> Action item
Collect the lines of the entries where "Loops" shows up.

Extracted information section start

-- ===== src/Sizing/Mirror.antt =====
-- The size of a copy: three roundings to 28 digits and one to a whole number.
use native.Mathlib.Nat.{
  mul-le-mul_right, le_of_mul-le-mul_right, mul-one, add-zero, lt_of_mul-lt-mul_right,
}
use forex_automated_copy_tra.Base.{ℕ, ◌+◌, ◌-◌, ◌*◌, ◌^◌, ◌≤◌, ◌<◌, ◌≡◌, some, arith}
use forex_automated_copy_tra.Decimal.{Decimal, of_int, mul, half_up, to_integral_half_up, round28}
use forex_automated_copy_tra.Decimal.Approx.{
  unit, IsRounded, round28-IsRounded, approx-le, approx-pos, mul-pos, compose_above, compose_below,
  pow10-add, pow10-pos,
}
use forex_automated_copy_tra.Sizing.{floor_to_step, mirror_volume, lots_to_protocol_volume}
use forex_automated_copy_tra.Sizing.Close.{div-of_int}

pub half_up-bounds :
    (n d : ℕ) → 0 < d → (2 * (half_up n d * d) ≤ 2 * n + d) × (2 * n < 2 * (half_up n d * d) + d)
unfolding half_up
half_up-bounds n d h = grind arith

near_above :
    (c T D I v : ℕ)
    → 0 < T
    → 0 < D
    → I ≤ 10 ^ 26 * D
    → unit * unit * unit * (c * D) ≤ (unit + 1) * (unit + 1) * (unit + 1) * (I * T)
    → 2 * (v * T) ≤ 2 * c + T
    → v * D < I + D
near_above c T D I v hT hD small h half =
    let cancelled : unit * unit * unit * (2 * (v * D))
        ≤ 2 * ((unit + 1) * (unit + 1) * (unit + 1)) * I + unit * unit * unit * D =
      le_of_mul-le-mul_right {k = T} (omega (arith, mul-le-mul_right D half, h)) hT in
    omega (arith, cancelled)

near_below :
    (c T D I v : ℕ)
    → 0 < T
    → 0 < D
    → I ≤ 10 ^ 26 * D
    → (unit - 1) * (unit - 1) * (unit - 1) * (I * T) ≤ unit * unit * unit * (c * D)
    → 2 * c < 2 * (v * T) + T
    → I < v * D + D
near_below c T D I v hT hD small h half =
    let cancelled : 2 * ((unit - 1) * (unit - 1) * (unit - 1)) * I
        ≤ unit * unit * unit * (2 * (v * D)) + unit * unit * unit * D =
      le_of_mul-le-mul_right {k = T} (omega (arith, mul-le-mul_right D half, h)) hT in
    omega (arith, cancelled)

-- The ideal copy is V * m * S / (L * J): the master's volume and lot size, the multiplier m / J,
-- and the slave's lot size.
module _ (V L m j S : ℕ) (hV : 0 < V) (hL : 0 < L) (hm : 0 < m) (hS : 0 < S)
    (lots_small : V ≤ 10 ^ 26 * L) (copy_small : V * m * S ≤ 10 ^ 26 * (L * 10 ^ j)) where
  abbrev master_lots : Decimal
  master_lots = round28 V L

  abbrev slave_lots : Decimal
  slave_lots = round28 (master_lots.coeff * m) (10 ^ (master_lots.places + j))

  abbrev slave_units : Decimal
  slave_units = round28 (slave_lots.coeff * S) (10 ^ slave_lots.places)

  master_lots-IsRounded : IsRounded V L master_lots.coeff (10 ^ master_lots.places)
  master_lots-IsRounded = round28-IsRounded V L hV hL (omega arith)

  volume_small : V * m ≤ 10 ^ 26 * (L * 10 ^ j)
  volume_small = grind (arith, copy_small)

  slave_lots-IsRounded :
      IsRounded
        (master_lots.coeff * m)
        (10 ^ master_lots.places * 10 ^ j)
        slave_lots.coeff
        (10 ^ slave_lots.places)
  slave_lots-IsRounded = rw (← pow10-add master_lots.places j) (
      round28-IsRounded (master_lots.coeff * m) (10 ^ (master_lots.places + j))
        (mul-pos
          (approx-pos unit (unit - 1) V L master_lots.coeff (10 ^ master_lots.places) hV
            (pow10-pos _) (omega arith) master_lots-IsRounded.1)
          hm)
        (pow10-pos _)
        (rw (pow10-add master_lots.places j) (
          omega (
            arith,
            approx-le unit (unit + 1) (10 ^ 26) V L master_lots.coeff (10 ^ master_lots.places) m
                (10 ^ j) hL master_lots-IsRounded.0 volume_small,
            mul-pos (pow10-pos master_lots.places) (pow10-pos j),
          ))))

  -- two roundings together
  slave_lots_near :
      (unit * unit * (slave_lots.coeff * (L * 10 ^ j))
        ≤ (unit + 1) * (unit + 1) * (V * m * 10 ^ slave_lots.places))
      × ((unit - 1) * (unit - 1) * (V * m * 10 ^ slave_lots.places)
          ≤ unit * unit * (slave_lots.coeff * (L * 10 ^ j)))
  slave_lots_near = (
    compose_above unit (unit + 1) unit (unit + 1) V L master_lots.coeff (10 ^ master_lots.places) m
        (10 ^ j) slave_lots.coeff (10 ^ slave_lots.places) (pow10-pos _) master_lots-IsRounded.0
        slave_lots-IsRounded.0,
    compose_below unit (unit - 1) unit (unit - 1) V L master_lots.coeff (10 ^ master_lots.places) m
        (10 ^ j) slave_lots.coeff (10 ^ slave_lots.places) (pow10-pos _) master_lots-IsRounded.1
        slave_lots-IsRounded.1,
  )

  slave_units-IsRounded :
      IsRounded
        (slave_lots.coeff * S)
        (10 ^ slave_lots.places * 1)
        slave_units.coeff
        (10 ^ slave_units.places)
  slave_units-IsRounded = rw (mul-one (10 ^ slave_lots.places)) (
      round28-IsRounded (slave_lots.coeff * S) (10 ^ slave_lots.places)
        (mul-pos
          (approx-pos (unit * unit) ((unit - 1) * (unit - 1)) (V * m) (L * 10 ^ j) slave_lots.coeff
            (10 ^ slave_lots.places) (mul-pos hV hm) (pow10-pos _) (omega arith) slave_lots_near.1)
          hS)
        (pow10-pos _)
        (omega (
          arith,
          approx-le (unit * unit) ((unit + 1) * (unit + 1)) (10 ^ 26) (V * m) (L * 10 ^ j)
              slave_lots.coeff (10 ^ slave_lots.places) S 1 (mul-pos hL (pow10-pos j))
              slave_lots_near.0 (omega (arith, copy_small)),
          pow10-pos slave_lots.places,
        )))

  slave_units_near :
      (unit * unit * unit * (slave_units.coeff * (L * 10 ^ j * 1))
        ≤ (unit + 1) * (unit + 1) * (unit + 1) * (V * m * S * 10 ^ slave_units.places))
      × ((unit - 1) * (unit - 1) * (unit - 1) * (V * m * S * 10 ^ slave_units.places)
          ≤ unit * unit * unit * (slave_units.coeff * (L * 10 ^ j * 1)))
  slave_units_near = (
    compose_above (unit * unit) ((unit + 1) * (unit + 1)) unit (unit + 1) (V * m) (L * 10 ^ j)
        slave_lots.coeff (10 ^ slave_lots.places) S 1 slave_units.coeff (10 ^ slave_units.places)
        (pow10-pos _) slave_lots_near.0 slave_units-IsRounded.0,
    compose_below (unit * unit) ((unit - 1) * (unit - 1)) unit (unit - 1) (V * m) (L * 10 ^ j)
        slave_lots.coeff (10 ^ slave_lots.places) S 1 slave_units.coeff (10 ^ slave_units.places)
        (pow10-pos _) slave_lots_near.1 slave_units-IsRounded.1,
  )

  -- The volume before the flooring is within one unit of the ideal copy.
  slave_volume_near :
      let v = half_up slave_units.coeff (10 ^ slave_units.places) in
      (v * (L * 10 ^ j) < V * m * S + L * 10 ^ j) × (V * m * S < v * (L * 10 ^ j) + L * 10 ^ j)
  slave_volume_near = (
    near_above slave_units.coeff (10 ^ slave_units.places) (L * 10 ^ j) (V * m * S) _ (pow10-pos _)
        (mul-pos hL (pow10-pos j)) copy_small (omega (arith, slave_units_near.0))
        (half_up-bounds slave_units.coeff (10 ^ slave_units.places) (pow10-pos _)).0,
    near_below slave_units.coeff (10 ^ slave_units.places) (L * 10 ^ j) (V * m * S) _ (pow10-pos _)
        (mul-pos hL (pow10-pos j)) copy_small (omega (arith, slave_units_near.1))
        (half_up-bounds slave_units.coeff (10 ^ slave_units.places) (pow10-pos _)).1,
  )

lots_to_protocol_volume-mul :
    (a b : Decimal) (S : ℕ)
    → let lots = round28 (a.coeff * b.coeff) (10 ^ (a.places + b.places)) in
      let units = round28 (lots.coeff * S) (10 ^ lots.places) in
      lots_to_protocol_volume (mul a b) S ≡ half_up units.coeff (10 ^ units.places)
unfolding mul to_integral_half_up lots_to_protocol_volume
lots_to_protocol_volume-mul a b S = rw add-zero

-- A copy is within one protocol unit of the ideal volume before it is floored to the slave's step:
-- the ideal is V * m * S / (L * 10 ^ j) for a master volume V and lot size L, a multiplier
-- m / 10 ^ j and a slave lot size S, as long as it is at most 10 ^ 26.
pub mirror_volume-near :
    (V L m j S step : ℕ)
    → 0 < V
    → 0 < L
    → 0 < m
    → 0 < S
    → V ≤ 10 ^ 26 * L
    → V * m * S ≤ 10 ^ 26 * (L * 10 ^ j)
    → (v : ℕ) × (mirror_volume V L (record { coeff = m; places = j }) S step
        ≡ some (floor_to_step v step))
      × (v * (L * 10 ^ j) < V * m * S + L * 10 ^ j)
      × (V * m * S < v * (L * 10 ^ j) + L * 10 ^ j)
unfolding mirror_volume
mirror_volume-near V L m j S step hV hL hm hS lots_small copy_small =
    let near = slave_volume_near V L m j S hV hL hm hS lots_small copy_small in
    (
      half_up (slave_units V L m j S hV hL hm hS lots_small copy_small).coeff
          (10 ^ (slave_units V L m j S hV hL hm hS lots_small copy_small).places),
      rw (
        div-of_int (of_int V) L hL,
        mul-one L,
        lots_to_protocol_volume-mul (round28 V L) (record { coeff = m; places = j }) S,
      ),
      near.0,
      near.1,
    )

within_one : (v w D I : ℕ) → I ≡ w * D → v * D < I + D → I < v * D + D → v ≡ w
within_one v w D I e above below = omega (
  arith,
  lt_of_mul-lt-mul_right D {m = v} {n = w + 1} (omega (arith, above, e)),
  lt_of_mul-lt-mul_right D {m = w} {n = v + 1} (omega (arith, below, e)),
)

-- When the ideal copy is a whole volume w, the 28-digit arithmetic finds exactly w, and the copy is
-- w floored to the slave's step.
pub mirror_volume-exact :
    (V L m j S step w : ℕ)
    → 0 < V
    → 0 < L
    → 0 < m
    → 0 < S
    → V ≤ 10 ^ 26 * L
    → V * m * S ≤ 10 ^ 26 * (L * 10 ^ j)
    → V * m * S ≡ w * (L * 10 ^ j)
    → mirror_volume V L (record { coeff = m; places = j }) S step ≡ some (floor_to_step w step)
mirror_volume-exact V L m j S step w hV hL hm hS lots_small copy_small whole =
    let (v, e, above, below) =
      mirror_volume-near V L m j S step hV hL hm hS lots_small copy_small in
    rw (← within_one v w (L * 10 ^ j) (V * m * S) whole above below) e

-- Sizing raises only for a master lot size of 0.
pub mirror_volume-returns :
    (V L : ℕ) (multiplier : Decimal) (S step : ℕ)
    → 0 < L
    → (v : ℕ) × (mirror_volume V L multiplier S step ≡ some v)
unfolding mirror_volume
mirror_volume-returns V L multiplier S step hL = (
  floor_to_step (lots_to_protocol_volume (mul (round28 V L) multiplier) S) step,
  rw (div-of_int (of_int V) L hL, mul-one L),
)
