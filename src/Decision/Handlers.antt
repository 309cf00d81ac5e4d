-- ===== src/Decision/Handlers.antt =====
-- Each handler of a decision returns, and its intent is for the slave or the mapped copy it is
-- given.
use forex_automated_copy_tra.Base.{
  ℕ, ◌<◌, ◌≡◌, ◌≢◌, Option, none, some, List, [], ◌∷◌, Dict, lookup, Option-cases, inl, inr, arith,
}
use forex_automated_copy_tra.Sizing.Close.{partial_close_volume-le}
use forex_automated_copy_tra.Sizing.Mirror.{mirror_volume-returns}
use forex_automated_copy_tra.Models.{
  SlaveConfig, MasterPositionOpened, MasterPositionClosed, MasterPendingPlaced,
  MasterPendingReplaced, PositionMappingEntry, OrderMappingEntry, SlaveIntent, AlertMessage,
  account_of,
}
use forex_automated_copy_tra.Decision.Loops.{
  get_symbol, for_slaves, for_entries, for_mapped, by_id, step_or_one,
}
use forex_automated_copy_tra.Decision.{open_for, place_for, close_for, replace_for}

module _ {F : Type 0} where
  pub account_of-open_for :
      (e : MasterPositionOpened F) (s : SlaveConfig) (i : SlaveIntent F)
      → open_for e s ≡ some i
      → account_of i ≡ some s.account_id
  unfolding open_for
  account_of-open_for e s i h = ground arith

  pub account_of-place_for :
      (e : MasterPendingPlaced F) (s : SlaveConfig) (i : SlaveIntent F)
      → place_for e s ≡ some i
      → account_of i ≡ some s.account_id
  unfolding place_for
  account_of-place_for e s i h = ground arith

  pub account_of-close_for :
      (e : MasterPositionClosed) (s : SlaveConfig) (entry : PositionMappingEntry)
      (i : SlaveIntent F)
      → s.account_id ≡ entry.slave_account_id
      → close_for e s entry ≡ some i
      → account_of i ≡ some entry.slave_account_id
  unfolding close_for
  account_of-close_for e s entry i own h = ground arith

  pub account_of-replace_for :
      (e : MasterPendingReplaced F) (s : SlaveConfig) (entry : OrderMappingEntry)
      (i : SlaveIntent F)
      → s.account_id ≡ entry.slave_account_id
      → replace_for e s entry ≡ some i
      → account_of i ≡ some entry.slave_account_id
  unfolding replace_for
  account_of-replace_for e s entry i own h = ground arith

  pub open_for-ne-none :
      (e : MasterPositionOpened F) (s : SlaveConfig) → 0 < e.lot_size → open_for e s ≢ none
  unfolding open_for
  open_for-ne-none e s h = elim (Option-cases (get_symbol e.symbol_name s.symbols)) [
    | inl missing ↦ ground arith
    | inr (sym, found) ↦ ground (
      arith,
      mirror_volume-returns e.volume e.lot_size s.multiplier sym.lot_size sym.step_volume h,
    )
  ]

  pub place_for-ne-none :
      (e : MasterPendingPlaced F) (s : SlaveConfig) → 0 < e.lot_size → place_for e s ≢ none
  unfolding place_for
  place_for-ne-none e s h = elim (Option-cases (get_symbol e.symbol_name s.symbols)) [
    | inl missing ↦ ground arith
    | inr (sym, found) ↦ ground (
      arith,
      mirror_volume-returns e.volume e.lot_size s.multiplier sym.lot_size sym.step_volume h,
    )
  ]

  pub replace_for-ne-none :
      (e : MasterPendingReplaced F) (s : SlaveConfig) (entry : OrderMappingEntry)
      → 0 < e.lot_size
      → replace_for e s entry ≢ none
  unfolding replace_for
  replace_for-ne-none e s entry h = elim (Option-cases (get_symbol e.symbol_name s.symbols)) [
    | inl missing ↦ ground arith
    | inr (sym, found) ↦ ground (
      arith,
      mirror_volume-returns e.volume e.lot_size s.multiplier sym.lot_size sym.step_volume h,
    )
  ]

  pub close_for-ne-none :
      (e : MasterPositionClosed) (s : SlaveConfig) (entry : PositionMappingEntry)
      → close_for {F = F} e s entry ≢ none
  unfolding close_for
  close_for-ne-none e s entry = ground (
    arith,
    partial_close_volume-le entry.slave_volume e.closed_volume e.remaining_volume
        (step_or_one (get_symbol e.symbol_name s.symbols)),
  )

  pub for_slaves-ne-none :
      (body : SlaveConfig → Option (SlaveIntent F))
      → ((s : SlaveConfig) → body s ≢ none)
      → (xs : List SlaveConfig) → for_slaves body xs ≢ none
  unfolding for_slaves
  for_slaves-ne-none body total [] = ground arith
  for_slaves-ne-none body total (s ∷ xs) = ground (arith, total s, for_slaves-ne-none body total xs)

  module _ {A : Type 0} (account : A → ℕ) (body : SlaveConfig → A → Option (SlaveIntent F)) where
    for_entries-ne-none :
        ((s : SlaveConfig) (entry : A) → body s entry ≢ none)
        → (d : Dict SlaveConfig) (entries : List A) → for_entries account body d entries ≢ none
    unfolding for_entries
    for_entries-ne-none total d [] = ground arith
    for_entries-ne-none total d (entry ∷ entries) = elim (Option-cases (lookup (account entry) d)) [
      | inl skipped ↦ ground (arith, for_entries-ne-none total d entries)
      | inr (s, found) ↦ ground (arith, total s entry, for_entries-ne-none total d entries)
    ]

    pub for_mapped-ne-none :
        ((s : SlaveConfig) (entry : A) → body s entry ≢ none)
        → (set_order : List ℕ → List ℕ) (m : AlertMessage) (entries : List A)
          (slaves : List SlaveConfig)
        → for_mapped set_order account body m entries slaves ≢ none
    unfolding for_mapped
    for_mapped-ne-none total set_order m entries slaves =
        ground (arith, for_entries-ne-none total (by_id slaves) entries)
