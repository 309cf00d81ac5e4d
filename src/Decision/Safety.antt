-- ===== src/Decision/Safety.antt =====
-- What a decision does for the fleet, over every event.
use forex_automated_copy_tra.Base.{
  ℕ, ◌<◌, ◌≡◌, ◌≢◌, ap, ◌∙◌, ◌&&◌, Bool, true, false, Option, none, some, List, [], ◌∷◌, map,
  contains, Option-cases, inl, inr, arith,
}
use forex_automated_copy_tra.Models.{
  SlaveConfig, MasterPositionOpened, MasterEvent, position_opened, position_closed,
  position_sltp_amended, pending_placed, pending_replaced, pending_cancelled, pending_filled,
  rejected, MappingState, PositionMappingEntry, OrderMappingEntry, SlaveIntent, account_of,
  close_unmapped, sltp_unmapped, replace_unmapped, cancel_unmapped, fill_unmapped,
}
use forex_automated_copy_tra.Decision.Loops.{enabled, for_slaves}
use forex_automated_copy_tra.Decision.{
  decide, decide_opened, open_for, place_for, close_for, replace_for, sltp_for, cancel_for,
  link_for,
}
use forex_automated_copy_tra.Decision.Fleet.{enabled_ids, kept_ids, kept_ids-enabled}
use forex_automated_copy_tra.Decision.Coverage.{
  addressed, addressed-for_slaves, addressed-for_mapped, VisitsAll,
}
use forex_automated_copy_tra.Decision.Handlers.{
  account_of-open_for, account_of-place_for, account_of-close_for, account_of-replace_for,
  open_for-ne-none, place_for-ne-none, replace_for-ne-none, close_for-ne-none, for_slaves-ne-none,
  for_mapped-ne-none,
}

module _ {F : Type 0} where
  -- The master's lot size, where the event sizes a copy by it.
  abbrev pub IsSized : MasterEvent F → Type 0
  IsSized (position_opened e) = 0 < e.lot_size
  IsSized (pending_placed e) = 0 < e.lot_size
  IsSized (pending_replaced e) = 0 < e.lot_size
  IsSized _ = Unit

  abbrev pub is_copied : MasterEvent F → Bool
  is_copied (rejected e) = false
  is_copied _ = true

  module _ (set_order : List ℕ → List ℕ) (mappings : MappingState) (slaves : List SlaveConfig) where
    decide-ne-none : (e : MasterEvent F) → IsSized e → decide set_order e mappings slaves ≢ none
    unfolding decide
    decide-ne-none (position_opened e) h =
        for_slaves-ne-none (open_for e) (λ s. open_for-ne-none e s h) (enabled slaves)
    decide-ne-none (position_closed e) h =
        for_mapped-ne-none (λ (m : PositionMappingEntry). m.slave_account_id) (close_for e)
          (close_for-ne-none e) set_order (close_unmapped e.position_id)
          (mappings.position_entries e.position_id) slaves
    decide-ne-none (position_sltp_amended e) h =
        for_mapped-ne-none (λ (m : PositionMappingEntry). m.slave_account_id) (sltp_for e)
          (λ s entry. ground arith) set_order (sltp_unmapped e.position_id)
          (mappings.position_entries e.position_id) slaves
    decide-ne-none (pending_placed e) h =
        for_slaves-ne-none (place_for e) (λ s. place_for-ne-none e s h) (enabled slaves)
    decide-ne-none (pending_replaced e) h =
        for_mapped-ne-none (λ (m : OrderMappingEntry). m.slave_account_id) (replace_for e)
          (λ s entry. replace_for-ne-none e s entry h) set_order (replace_unmapped e.order_id)
          (mappings.order_entries e.order_id) slaves
    decide-ne-none (pending_cancelled e) h =
        for_mapped-ne-none {F = F} (λ (m : OrderMappingEntry). m.slave_account_id) cancel_for
          (λ s entry. ground arith) set_order (cancel_unmapped e.order_id)
          (mappings.order_entries e.order_id) slaves
    decide-ne-none (pending_filled e) h =
        for_mapped-ne-none {F = F} (λ (m : OrderMappingEntry). m.slave_account_id) (link_for e)
          (λ s entry. ground arith) set_order (fill_unmapped e.order_id)
          (mappings.order_entries e.order_id) slaves
    decide-ne-none (rejected e) h = ground arith

    module _ (visits : VisitsAll set_order) (a : ℕ) (out : List (SlaveIntent F)) where
      decide-addressed :
          (e : MasterEvent F)
          → decide set_order e mappings slaves ≡ some out
          → addressed a out ≡ (is_copied e && contains a (kept_ids slaves))
      unfolding decide
      decide-addressed (position_opened e) h =
          addressed-for_slaves a (open_for e) (account_of-open_for e) (enabled slaves) out h
      decide-addressed (position_closed e) h =
          addressed-for_mapped set_order visits a (λ (m : PositionMappingEntry). m.slave_account_id)
            (close_for e) (close_unmapped e.position_id) (account_of-close_for e)
            (mappings.position_entries e.position_id) slaves out h
      decide-addressed (position_sltp_amended e) h =
          addressed-for_mapped set_order visits a (λ (m : PositionMappingEntry). m.slave_account_id)
            (sltp_for e) (sltp_unmapped e.position_id) (λ s entry i own done. ground arith)
            (mappings.position_entries e.position_id) slaves out h
      decide-addressed (pending_placed e) h =
          addressed-for_slaves a (place_for e) (account_of-place_for e) (enabled slaves) out h
      decide-addressed (pending_replaced e) h =
          addressed-for_mapped set_order visits a (λ (m : OrderMappingEntry). m.slave_account_id)
            (replace_for e) (replace_unmapped e.order_id) (account_of-replace_for e)
            (mappings.order_entries e.order_id) slaves out h
      decide-addressed (pending_cancelled e) h =
          addressed-for_mapped set_order visits a (λ (m : OrderMappingEntry). m.slave_account_id)
            cancel_for (cancel_unmapped e.order_id) (λ s entry i own done. ground arith)
            (mappings.order_entries e.order_id) slaves out h
      decide-addressed (pending_filled e) h =
          addressed-for_mapped set_order visits a (λ (m : OrderMappingEntry). m.slave_account_id)
            (link_for e) (fill_unmapped e.order_id) (λ s entry i own done. ground arith)
            (mappings.order_entries e.order_id) slaves out h
      decide-addressed (rejected e) h = ground arith

-- If the master's lot size is positive wherever it is divided by, `decide` returns. Its intents are
-- then for exactly the enabled slaves: every enabled slave gets an order or an alert, and no other
-- account gets anything; a rejected master order gives no intent at all.
pub decide-addresses-enabled :
    {F : Type 0} (set_order : List ℕ → List ℕ) (e : MasterEvent F) (mappings : MappingState)
    (slaves : List SlaveConfig)
    → VisitsAll set_order
    → IsSized e
    → (out : List (SlaveIntent F)) × (decide set_order e mappings slaves ≡ some out)
      × ((a : ℕ) → addressed a out ≡ (is_copied e && contains a (enabled_ids slaves)))
decide-addresses-enabled set_order e mappings slaves visits sized =
    elim (Option-cases (decide set_order e mappings slaves)) [
      | inl failed ↦ absurd (decide-ne-none set_order mappings slaves e sized failed)
      | inr (out, done) ↦ (
        out,
        done,
        λ a.
            decide-addressed set_order mappings slaves visits a out e done
            ∙ ap (λ ids. is_copied e && contains a ids) (kept_ids-enabled slaves),
      )
    ]

for_slaves-accounts :
    {F : Type 0} (body : SlaveConfig → Option (SlaveIntent F))
    → ((s : SlaveConfig) (i : SlaveIntent F) → body s ≡ some i → account_of i ≡ some s.account_id)
    → (xs : List SlaveConfig) (out : List (SlaveIntent F)) → for_slaves body xs ≡ some out
    → map account_of out ≡ map some (map (λ (s : SlaveConfig). s.account_id) xs)
unfolding for_slaves
for_slaves-accounts body own [] out e = ground arith
for_slaves-accounts body own (s ∷ xs) out e = elim (Option-cases (body s)) [
  | inl failed ↦ ground arith
  | inr (i, done) ↦ elim (Option-cases (for_slaves body xs)) [
    | inl failed ↦ ground arith
    | inr (rest, more) ↦ ground (arith, own s i done, for_slaves-accounts body own xs rest more)
  ]
]

-- A master's open gives one intent for each enabled slave, in the fleet's order.
pub decide_opened-accounts :
    {F : Type 0} (e : MasterPositionOpened F) (slaves : List SlaveConfig)
    → 0 < e.lot_size
    → (out : List (SlaveIntent F)) × (decide_opened e slaves ≡ some out)
      × (map account_of out ≡ map some (enabled_ids slaves))
unfolding decide_opened
decide_opened-accounts e slaves h = elim (Option-cases (for_slaves (open_for e) (enabled slaves))) [
  | inl failed ↦
      absurd (for_slaves-ne-none (open_for e) (λ s. open_for-ne-none e s h) (enabled slaves) failed)
  | inr (out, done) ↦ (
    out,
    done,
    for_slaves-accounts (open_for e) (account_of-open_for e) (enabled slaves) out done
        ∙ ap (map some) (kept_ids-enabled slaves),
  )
]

Extracted information section end

> Task output
use forex_automated_copy_tra.Decision.Loops.{
use forex_automated_copy_tra.Decision.Loops.{enabled, for_slaves}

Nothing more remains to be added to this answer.